On National Coming Out Day a few years ago, I read a story of a man named Daniel, who had come out of the closet as a seminary student. While he was there, the news of course, had gotten to his home church. When he came back home for Christmas, he knew that everyone at church knew his truth. But the only person whose opinion he was worried about was Mrs. H. For him, Mrs. H was the church. She taught Sunday School, she sang in the choir, directed pageants, visited people, and led Bible study. Have you ever known someone like that?
Daniel was so afraid, that he avoided her at Christmas Eve services. He stayed close to his family, and made sure he was looking in another direction when she walked by. But at the end of the service, when the choir walked by his pew, she handed him her bulletin, on which she’d written a note. “Dearest Danny, I have a great deal to learn about gay people and how this all fits with my faith. I hope you’ll be able to help me with that. But I do know a few things: God is love. God loves you. And perfect love casts out fear. So never be afraid to love or be afraid that I’ll stop loving you. Merry Christmas to you, your family and if there’s anyone special….him too.”[1]

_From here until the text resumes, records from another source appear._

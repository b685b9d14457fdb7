-- ===== src/TrainingController/Jobs/Overflow.antt =====
-- `reconcileJobReplicas`: `desiredReplicas*2` overflows from 2 ^ 30 replicas on.
use spot_instance_training_o.Base.{
  ℕ, ◌≤◌, ◌^◌, ◌≡◌, refl, false, List, ℤ, pos, ltb_ℤ, double32, sub32, to_int32, i32_max, and-false,
  arith, length, [],
}
use spot_instance_training_o.Api.Training.{SpotInstanceJob}
use spot_instance_training_o.Api.Kube.{Job}
use spot_instance_training_o.Cluster.Errors.{ok}
use spot_instance_training_o.Cluster.Events.{Trace}
use spot_instance_training_o.Cluster.Prog.{World}
use spot_instance_training_o.Cluster.Env.{Env}
use spot_instance_training_o.Cluster.Hoare.{
  Yields, Delivers, Preserves, Ensures-pure, Ensures-bind, Ensures-branch, Ensures-ask_of,
  Keeps-then, Keeps-pure, Triple-of, Triple-before, Triple-weaken,
}
use spot_instance_training_o.TrainingController.Names.{owned_by, desired_replicas}
use spot_instance_training_o.TrainingController.Jobs.Indexed.{
  job_indices-Indexed, has_pending_checkpoints-Keeps,
}
use spot_instance_training_o.TrainingController.Jobs.{
  replica_rounds, create_replicas, fill_replicas, fill_unless_pending, reconcile_job_replicas,
}

-- No index is below the limit.
overflow-false : (d : ℕ) → 2 ^ 30 ≤ d → d ≤ i32_max → ltb_ℤ (pos 0) (double32 (pos d)) ≡ false
unfolding double32
overflow-false d h k = ground arith

no_rounds : (d : ℕ) → 2 ^ 30 ≤ d → d ≤ i32_max → replica_rounds (pos d) ≡ 1
unfolding double32
no_rounds d h k = ground arith

module _ {C S W : Type 0} (env : Env C S W) (sj : SpotInstanceJob) (d : ℕ)
    (wants : desired_replicas sj ≡ pos d) (large : 2 ^ 30 ≤ d) (fits : d ≤ i32_max)
    (P : Trace → Type 0) where
  create_replicas-Keeps :
      (needed : ℤ) (taken : List ℤ)
      → Preserves ⊥ P (create_replicas env sj (pos d) needed 1 (pos 0) (pos 0) (pos 0) taken)
  unfolding create_replicas
  create_replicas-Keeps needed taken =
      Ensures-branch
        (λ below.
          absurd (cc (below, and-false (ltb_ℤ (pos 0) needed) _ (overflow-false d large fits))))
        (λ _. Keeps-pure _)

  fill_replicas-Delivers :
      (jobs : List Job) → Delivers P (fill_replicas env sj jobs) (λ r t. (r ≡ ok tt) × P t)
  unfolding fill_replicas
  fill_replicas-Delivers jobs =
      rw (fill_replicas, wants, no_rounds d large fits)
        (Keeps-then (Triple-weaken (λ m t h. h.1) (job_indices-Indexed env P jobs [])) λ taken.
          Ensures-branch
            (λ _.
              Keeps-then (create_replicas-Keeps (sub32 (pos d) (to_int32 (length taken))) taken)
                (λ _. Ensures-pure _ (λ t p. (refl, p))))
            (λ _. Ensures-pure _ (λ t p. (refl, p))))

  fill_unless_pending-Delivers :
      (jobs : List Job) → Delivers P (fill_unless_pending env sj jobs) (λ r t. (r ≡ ok tt) × P t)
  unfolding fill_unless_pending
  fill_unless_pending-Delivers jobs = Keeps-then (has_pending_checkpoints-Keeps env P sj) λ pending.
      Ensures-branch (λ _. Ensures-pure _ (λ t p. (refl, p))) (λ _. fill_replicas-Delivers jobs)

  reconcile_job_replicas-Delivers :
      (jobs : List Job)
      → ((s : W) → (env.client.list_jobs sj.meta.namespace (owned_by sj) s).0 ≡ ok jobs)
      → Delivers P (reconcile_job_replicas env sj) (λ r t. (r ≡ ok tt) × P t)
  unfolding reconcile_job_replicas
  reconcile_job_replicas-Delivers jobs listed =
      Ensures-bind {Q = λ a t. (a ≡ ok jobs) × P t}
        (Ensures-ask_of (λ a. a ≡ ok jobs) _ listed (λ a t same p. (same, p)))
        λ a.
          Triple-of (λ t h. h.0)
            (λ same. rw same (Triple-before (λ t h. h.1) (fill_unless_pending-Delivers jobs)))

-- A training job that asks for 2 ^ 30 replicas or more, as many as its `int32` field holds: where the
-- jobs can be listed, and whatever the other calls answer, `reconcileJobReplicas` returns no error and
-- writes nothing, so it creates no job at all. The limit of its loop, twice the number of replicas, is
-- negative by overflow.
pub reconcile_job_replicas-overflows :
    {C S W : Type 0} (env : Env C S W) (sj : SpotInstanceJob) (w : World W) (d : ℕ)
    (jobs : List Job)
    → desired_replicas sj ≡ pos d
    → 2 ^ 30 ≤ d
    → d ≤ i32_max
    → ((s : W) → (env.client.list_jobs sj.meta.namespace (owned_by sj) s).0 ≡ ok jobs)
    → Yields (reconcile_job_replicas env sj w) (λ r t. (r ≡ ok tt) × (t ≡ w.trace))
reconcile_job_replicas-overflows env sj w d jobs wants large fits listed =
    (reconcile_job_replicas-Delivers env sj d wants large fits (λ t. t ≡ w.trace) jobs listed).at w
      refl
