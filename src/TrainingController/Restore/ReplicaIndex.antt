-- ===== src/TrainingController/Restore/ReplicaIndex.antt =====
-- The replica index in the labels of the objects that the controller makes.
use spot_instance_training_o.Base.{
  ℕ, ◌≡◌, String, some, ℤ, decimal_ℤ, List, IsInt32, parse_int32-decimal_ℤ,
}
use spot_instance_training_o.Api.Meta.{Labels, label}
use spot_instance_training_o.Api.Template.{InstanceTemplate}
use spot_instance_training_o.Api.Instance.{ProvisionedInstance}
use spot_instance_training_o.Api.Training.{SpotInstanceJob}
use spot_instance_training_o.Api.Kube.{Job}
use spot_instance_training_o.Cluster.Errors.{Result}
use spot_instance_training_o.TrainingController.Names.{replica_of, replica_index}
use spot_instance_training_o.TrainingController.Instances.{new_instance}
use spot_instance_training_o.TrainingController.Jobs.{new_job}
use spot_instance_training_o.TrainingController.Restore.{index_of, restored_job}

replica_index-replica_of :
    (sj : SpotInstanceJob) (i : ℤ)
    → IsInt32 i
    → replica_index (replica_of sj (decimal_ℤ i)) ≡ some i
unfolding replica_index label
replica_index-replica_of sj i h = parse_int32-decimal_ℤ i h

-- Each `int32` index that the controller writes into the labels of a new instance, a new job or a job
-- restored in the place of one with that index, in decimal, is the index that it reads from them later,
-- negative ones included.
pub replica_index-made :
    (sj : SpotInstanceJob) (template : InstanceTemplate) (i : ℤ) (now : ℕ) (name node : String)
    (instances : Result (List ProvisionedInstance)) (old : Job) (images : Labels)
    → IsInt32 i
    → index_of old ≡ i
    → (replica_index (new_instance sj template i now).meta.labels ≡ some i)
      × (replica_index (new_job sj name i instances).meta.labels ≡ some i)
      × (replica_index (restored_job sj name old images node).meta.labels ≡ some i)
unfolding new_instance new_job restored_job
replica_index-made sj template i now name node instances old images h same = (
  replica_index-replica_of sj i h,
  replica_index-replica_of sj i h,
  rw same (replica_index-replica_of sj i h),
)
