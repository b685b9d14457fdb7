-- ===== src/Tests/Replicas.antt =====
-- Replica indices and the preemption notice at concrete objects.
use spot_instance_training_o.Base.{
  parse_int32, pos, ◌≡◌, refl, some, none, List, [], ◌∷◌, any, arith,
}
use spot_instance_training_o.Api.Meta.{label}
use spot_instance_training_o.Api.Instance.{ProvisionedInstance}
use spot_instance_training_o.Api.Kube.{Job}
use spot_instance_training_o.Cluster.Env.{Env}
use spot_instance_training_o.Cluster.Errors.{ok}
use spot_instance_training_o.Cluster.Hoare.{Yields}
use spot_instance_training_o.InstanceController.Reconcile.{reconcile}
use spot_instance_training_o.InstanceController.Notice.{AllNoticed, reconcile-AllNoticed}
use spot_instance_training_o.TrainingController.Names.{replica_of, replica_index}
use spot_instance_training_o.TrainingController.Indices.{is_taken}
use spot_instance_training_o.TrainingController.Instances.{new_instance, taken_indices}
use spot_instance_training_o.TrainingController.Instances.Taken.{holds, is_taken-taken_indices}
use spot_instance_training_o.TrainingController.Jobs.{new_job, reconcile_job_replicas}
use spot_instance_training_o.TrainingController.Jobs.Overflow.{reconcile_job_replicas-overflows}
use spot_instance_training_o.Api.Training.{SpotInstanceJob}
use spot_instance_training_o.TrainingController.Restore.{index_of, restored_job}
use spot_instance_training_o.TrainingController.Restore.ReplicaIndex.{replica_index-made}
use spot_instance_training_o.Tests.Objects.{instance_of, job_of, vm_of, template, training}
use spot_instance_training_o.Tests.Clouds.{env_of, accepting, start, cloud_of-Settling}

abbrev old_job : Job
old_job = job_of "bert-replica-12-7" "12"

index_of_old : index_of old_job ≡ pos 12
unfolding replica_index label parse_int32
index_of_old = refl

replica_index-made_example :
    (replica_index (new_instance training template (pos 12) 7).meta.labels ≡ some (pos 12))
    × (replica_index (new_job training "bert-replica-12-7" (pos 12) (ok [])).meta.labels
        ≡ some (pos 12))
    × (replica_index (restored_job training "bert-replica-12-7" old_job [] "vm-12").meta.labels
        ≡ some (pos 12))
replica_index-made_example =
    replica_index-made training template (pos 12) 7 "bert-replica-12-7" "vm-12" (ok []) old_job []
      (omega arith) index_of_old

-- Replica 0 is preempted, replica 1 runs.
abbrev members : List ProvisionedInstance
members =
    instance_of "bert-gpu-0-7" "bert-gpu-0-7" "TERMINATED" (replica_of training "0") none
    ∷ instance_of "bert-gpu-1-7" "bert-gpu-1-7" "RUNNING" (replica_of training "1") none
    ∷ []

is_taken-taken_indices_example :
    is_taken (pos 1) (taken_indices members) ≡ any (holds (pos 1)) members
is_taken-taken_indices_example = is_taken-taken_indices (pos 1) members

-- An object that records a VM, which is stopping.
abbrev watched : ProvisionedInstance
watched = instance_of "bert-0" "bert-0" "RUNNING" [] none

abbrev watching_env : Env (Unit {0}) (Unit {0}) (Unit {0})
watching_env = env_of watched [] [] (ok (vm_of "bert-0" "STOPPING")) accepting

reconcile-AllNoticed_example :
    Yields (reconcile watching_env "default" "bert-0" start) (λ _ t. AllNoticed t)
reconcile-AllNoticed_example =
    reconcile-AllNoticed watching_env "default" "bert-0" start (cloud_of-Settling _ _) tt

-- More replicas than half of what an `int32` holds.
abbrev huge : SpotInstanceJob
huge = record training { spec = record training.spec { replicas = some (pos 1_500_000_000) } }

reconcile_job_replicas-overflows_example :
    Yields (reconcile_job_replicas watching_env huge start) (λ r t. (r ≡ ok tt) × (t ≡ []))
reconcile_job_replicas-overflows_example =
    reconcile_job_replicas-overflows watching_env huge start 1_500_000_000 [] refl (omega arith)
      (omega arith) (λ s. refl)
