-- ===== src/TrainingController/Completed/Chosen.antt =====
-- `processCompletedCheckpoints`: the jobs that it touches.
use spot_instance_training_o.Base.{◌≡◌, refl, Bool, true, ◌&&◌, not, String, List, [], ◌∷◌, All}
use spot_instance_training_o.Api.Training.{SpotInstanceJob}
use spot_instance_training_o.Api.Kube.{Checkpoint}
use spot_instance_training_o.Cluster.Events.{Trace, job_created, job_deleted}
use spot_instance_training_o.Cluster.Prog.{World}
use spot_instance_training_o.Cluster.Env.{Env}
use spot_instance_training_o.Cluster.Client.{Util}
use spot_instance_training_o.Cluster.Hoare.{Yields}
use spot_instance_training_o.TrainingController.Jobs.Attempts.{OwnerLaw}
use spot_instance_training_o.TrainingController.Names.{is_in}
use spot_instance_training_o.TrainingController.Completed.{
  is_source, checkpoint_containers, restore_from, process_completed_checkpoints,
}
use spot_instance_training_o.TrainingController.Restore.Kept.{GetLaw, JobRules}
use spot_instance_training_o.TrainingController.Completed.Kept.{
  RangeLaw, restore_from-Keeps, process_completed_checkpoints-Keeps,
}

-- The names of the jobs whose deletion or creation was asked for, the latest first.
abbrev pub touched_jobs : Trace → List String
touched_jobs [] = []
touched_jobs (job_deleted job answer ∷ t) = job.meta.name ∷ touched_jobs t
touched_jobs (job_created job answer ∷ t) = job.meta.name ∷ touched_jobs t
touched_jobs (e ∷ t) = touched_jobs t

abbrev pub Touches : (String → Bool) → Trace → Type 0
Touches φ t = All (λ n. φ n ≡ true) (touched_jobs t)

pub Touches-rules :
    (u : Util) (sj : SpotInstanceJob) (φ : String → Bool) → JobRules u sj φ (Touches φ)
Touches-rules u sj φ = record { deleted = λ job a t h p. (h, p); created = λ job a t h o p. (h, p) }

-- If `Get` answers with the job of the name it is asked for, setting the owner reference keeps name,
-- labels and annotations, and ranging over a map gives names of the map, then the treatment of one
-- checkpoint returns, whatever is answered to its calls, and deletes and creates only jobs whose names
-- are among those to update and are not the name of the job that the checkpoint was made of, if that
-- was so before.
pub restore_from-Touches :
    {C S W : Type 0} (env : Env C S W) (sj : SpotInstanceJob)
    (range : List String → W → List String × W) (jobs processed : List String) (cp : Checkpoint)
    (w : World W)
    → GetLaw env.client
    → OwnerLaw env.util
    → RangeLaw range
    → Touches (λ n. is_in jobs n && not (is_source cp n)) w.trace
    → Yields
        (restore_from env sj range jobs cp (checkpoint_containers cp.status) processed w)
        (λ _ t. Touches (λ n. is_in jobs n && not (is_source cp n)) t)
restore_from-Touches env sj range jobs processed cp w gets law ranges before =
    (restore_from-Keeps env gets law sj range ranges jobs
        (λ n. is_in jobs n && not (is_source cp n))
        (Touches (λ n. is_in jobs n && not (is_source cp n)))
        (Touches-rules env.util sj (λ n. is_in jobs n && not (is_source cp n))) cp
        (checkpoint_containers cp.status) processed (λ n here other. rw (here, other) refl)).at
      w before

-- If `Get` answers with the job of the name it is asked for, setting the owner reference keeps name,
-- labels and annotations, and ranging over a map gives names of the map, then the whole call returns,
-- whatever checkpoints are listed, and deletes and creates only jobs whose names are among those to
-- update, if that was so before.
pub process_completed_checkpoints-Touches :
    {C S W : Type 0} (env : Env C S W) (sj : SpotInstanceJob)
    (range : List String → W → List String × W) (jobs : List String) (w : World W)
    → GetLaw env.client
    → OwnerLaw env.util
    → RangeLaw range
    → Touches (is_in jobs) w.trace
    → Yields (process_completed_checkpoints env sj range jobs w) (λ _ t. Touches (is_in jobs) t)
process_completed_checkpoints-Touches env sj range jobs w gets law ranges before =
    (process_completed_checkpoints-Keeps env sj range (is_in jobs) (Touches (is_in jobs)) jobs gets
        law ranges (Touches-rules env.util sj (is_in jobs)) (λ n here. here)).at
      w before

This is a beautiful love, the one that involves laying down our selves to love another. Christ laid down his life so that we would know that we are loved through anything. And Mrs. H laid down her self as well, her well-considered beliefs, her understanding, so that Danny might know that he is loved as well. We can only know God in the loving. And we know that love best in the love of others.
I got an email from my seminary a few years ago. A beloved alumna, Rev Dr. LaVonne Althouse, had died. I didn’t know her, or that she was one of the leading advocates for women’s ordination in the Lutheran Church in the 60’s. But in the obituary was an image that has hung in my mind ever since. It mentioned that Dr. Althouse had a plaque in her home that read, “Love is a basket with five loaves and two fishes. It is never enough until you give it away.”
God is love. But love can only be seen in the loving. God is seen in the loving actions of Jesus Christ. If we want God to be seen, and if we want to know God, then our love must be seen in our loving as well. We must give it away.